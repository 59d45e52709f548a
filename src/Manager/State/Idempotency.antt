-- ===== src/Manager/State/Idempotency.antt =====
-- An idempotency key names one operation: `create_operation` of src/sandbox_manager/state.py, over
-- whole histories.
use litellm_gateway.Prelude.{
  ℕ, String, ◌≡◌, refl, Bool, false, Option, none, some, List, [], ◌∷◌, ◌++◌, ◌==◌, eq_iff, eq_refl,
  is_some, All, arith, inl, inr, Bool-cases, if◌then◌else◌, Option-cases,
}
use litellm_gateway.Prelude.Json.{Json}
use litellm_gateway.Prelude.Table.{find_by, delete_where, update_where, find_by-append}
use litellm_gateway.Manager.State.{Operation, Store, ok}
use litellm_gateway.Manager.State.Workspaces.{
  create_workspace, delete_workspace, schedule_workspace_delete, transition_workspace,
}
use litellm_gateway.Manager.State.Sandboxes.{
  claim_workspace, mark_sandbox_running, renew_sandbox, finish_sandbox,
}
use litellm_gateway.Manager.State.Operations.{
  create_operation, update_operation, commit_revision, consume_nonce, operation_by_key,
  new_operation,
}
use litellm_gateway.Manager.State.History.{
  Call, deletes, opens, updates, commits, run, run_all, run_all_induction,
}

-- The id and the Workspace of the operation with a key.
pub bound_to : List Operation → String → Option (String × String)
bound_to [] key = none
bound_to (o ∷ os) key =
    if o.idempotency_key == key then some (o.id, o.workspace_id) else bound_to os key

bound_to_found :
    (os : List Operation) (key : String) {o : Operation}
    → find_by (λ p. p.idempotency_key) key os ≡ some o
    → bound_to os key ≡ some (o.id, o.workspace_id)
unfolding bound_to find_by
bound_to_found [] key h = cc
bound_to_found (p ∷ os) key {o} h = elim (Bool-cases (p.idempotency_key == key)) [
  | inl e ↦ ground arith
  | inr e ↦ rw e (bound_to_found os key {o = o} (ground arith))
]

bound_to_missing :
    (os : List Operation) (key : String)
    → find_by (λ p. p.idempotency_key) key os ≡ none
    → bound_to os key ≡ none
unfolding bound_to find_by
bound_to_missing [] key h = refl
bound_to_missing (p ∷ os) key h = ground (arith, bound_to_missing os key)

bound_to-update :
    (p : Operation → Bool) (f : Operation → Operation) (os : List Operation) (key : String)
    → ((o : Operation) → (f o).idempotency_key ≡ o.idempotency_key)
    → ((o : Operation) → (f o).id ≡ o.id)
    → ((o : Operation) → (f o).workspace_id ≡ o.workspace_id)
    → bound_to (update_where p f os) key ≡ bound_to os key
unfolding bound_to update_where
bound_to-update p f [] key a b c = refl
bound_to-update p f (o ∷ os) key a b c =
    ground (arith, a o, b o, c o, bound_to-update p f os key a b c)

bound_to-append :
    (o : Operation) (os : List Operation) (key : String)
    → bound_to (os ++ o ∷ []) key ≡ (
        if is_some (bound_to os key)
        then bound_to os key
        else (if o.idempotency_key == key then some (o.id, o.workspace_id) else none))
unfolding bound_to
bound_to-append o [] key = refl
bound_to-append o (p ∷ os) key = ground (arith, bound_to-append o os key)

bound_to-delete :
    (j : String) (os : List Operation) (key oid k : String)
    → (k == j) ≡ false
    → bound_to os key ≡ some (oid, k)
    → bound_to (delete_where (λ o. o.workspace_id == j) os) key ≡ some (oid, k)
unfolding bound_to delete_where
bound_to-delete j [] key oid k other h = cc
bound_to-delete j (o ∷ os) key oid k other h = elim (Bool-cases (o.idempotency_key == key)) [
  | inl e ↦ ground (arith, eq_iff o.workspace_id j, eq_iff k j)
  | inr e ↦ ground (arith, bound_to-delete j os key oid k other)
]

-- No call deletes the Workspace `k`.
abbrev pub Keeping : String → Call → Type 0
Keeping k (deletes j) = (k == j) ≡ false
Keeping k _ = Unit

module _ (key oid k : String) where
  abbrev Bound : Store → Type 0
  Bound s = bound_to s.operations key ≡ some (oid, k)

  create_operation-Bound :
      (o operation j : String) (sid : Option String) (key' : String) (input : Json) (now : ℕ)
      (s : Store)
      → Bound s
      → Bound (create_operation o operation j sid key' input now s).1
  unfolding create_operation
  create_operation-Bound o operation j sid key' input now s h = ground (
    arith,
    bound_to-append
        (record {
          id = o;
          operation = operation;
          status = "pending";
          phase = none;
          workspace_id = j;
          sandbox_id = sid;
          idempotency_key = key';
          input = input;
          result = none;
          error = none;
          created_at = now;
          updated_at = now;
        })
        s.operations key,
  )

  run-Bound : (c : Call) (s : Store) → Keeping k c → Bound s → Bound (run c s)
  unfolding run create_workspace delete_workspace schedule_workspace_delete transition_workspace
      claim_workspace mark_sandbox_running renew_sandbox finish_sandbox update_operation
      commit_revision consume_nonce
  run-Bound (opens o operation j sid key' input now) s q h =
      create_operation-Bound o operation j sid key' input now s h
  run-Bound (deletes j) s q h = ground (arith, bound_to-delete j s.operations key oid k q h)
  run-Bound (updates o status phase result error now) s q h = ground (
    arith,
    bound_to-update (λ p. p.id == o)
        (λ p. record p {
          status = status;
          phase = phase;
          result = result;
          error = error;
          updated_at = now;
        })
        s.operations key (λ p. refl) (λ p. refl) (λ p. refl),
  )
  run-Bound (commits j o rid generation result now) s q h = ground (
    arith,
    bound_to-update (λ p. p.id == o)
        (λ p. record p {
          status = "succeeded";
          result = some result;
          error = none;
          updated_at = now;
        })
        s.operations key (λ p. refl) (λ p. refl) (λ p. refl),
  )
  run-Bound _ s q h = ground arith

module _ (oid operation k : String) (sid : Option String) (key : String) (input : Json) (now : ℕ)
    (s : Store) where
  created-Bound :
      (o : Operation) (created : Bool)
      → (create_operation oid operation k sid key input now s).0 ≡ ok (o, created)
      → Bound key o.id o.workspace_id (create_operation oid operation k sid key input now s).1
  unfolding create_operation
  created-Bound o created h = elim (Option-cases (operation_by_key key s)) [
    | inl new ↦ ground (
      arith,
      eq_refl key,
      eq_refl oid,
      bound_to_missing s.operations key new,
      bound_to-append (new_operation oid operation k sid key input now) s.operations key,
      find_by-append (λ p. p.id) oid s.operations (new_operation oid operation k sid key input now),
    )
    | inr (e, old) ↦ ground (arith, bound_to_found s.operations key old)
  ]

  known_key :
      (i j : String)
      → Bound key i j s
      → (o : Operation) × (create_operation oid operation k sid key input now s
          ≡ (ok (o, false), s))
        × (o.id ≡ i)
        × (o.workspace_id ≡ j)
  unfolding create_operation
  known_key i j h = elim (Option-cases (operation_by_key key s)) [
    | inl new ↦ cc (bound_to_missing s.operations key new)
    | inr (e, old) ↦ (
      e,
      ground arith,
      ground (arith, bound_to_found s.operations key old),
      ground (arith, bound_to_found s.operations key old),
    )
  ]

-- Once a key has named an operation, a request with the same key returns an operation of the same id
-- and Workspace as an old one and writes nothing, whatever else the request asks for and whatever
-- calls came between, as long as none of those deleted the Workspace.
pub create_operation_idempotent :
    (oid operation k : String) (sid : Option String) (key : String) (input : Json) (now : ℕ)
    (s : Store) (o : Operation) (created : Bool) (cs : List Call) (oid' operation' k' : String)
    (sid' : Option String) (input' : Json) (now' : ℕ)
    → (create_operation oid operation k sid key input now s).0 ≡ ok (o, created)
    → All (Keeping o.workspace_id) cs
    → let t = run_all cs (create_operation oid operation k sid key input now s).1 in
      (o' : Operation) × (create_operation oid' operation' k' sid' key input' now' t
        ≡ (ok (o', false), t))
      × (o'.id ≡ o.id)
      × (o'.workspace_id ≡ o.workspace_id)
create_operation_idempotent oid operation k sid key input now s o created cs oid' operation' k' sid'
      input' now' first between =
    known_key oid' operation' k' sid' key input' now'
      (run_all cs (create_operation oid operation k sid key input now s).1) o.id o.workspace_id
      (run_all_induction (Bound key o.id o.workspace_id) (Keeping o.workspace_id)
        (run-Bound key o.id o.workspace_id) cs _ between
        (created-Bound oid operation k sid key input now s o created first))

==============================

Please quote nothing but the lines from the line with "(o'.workspace_id ≡ o.workspace_id)" through the end of the data above, exactly as written, ends included.

• _Exercise solution_
      × (o'.workspace_id ≡ o.workspace_id)
create_operation_idempotent oid operation k sid key input now s o created cs oid' operation' k' sid'
      input' now' first between =
    known_key oid' operation' k' sid' key input' now'
      (run_all cs (create_operation oid operation k sid key input now s).1) o.id o.workspace_id
      (run_all_induction (Bound key o.id o.workspace_id) (Keeping o.workspace_id)
        (run-Bound key o.id o.workspace_id) cs _ between
        (created-Bound oid operation k sid key input now s o created first))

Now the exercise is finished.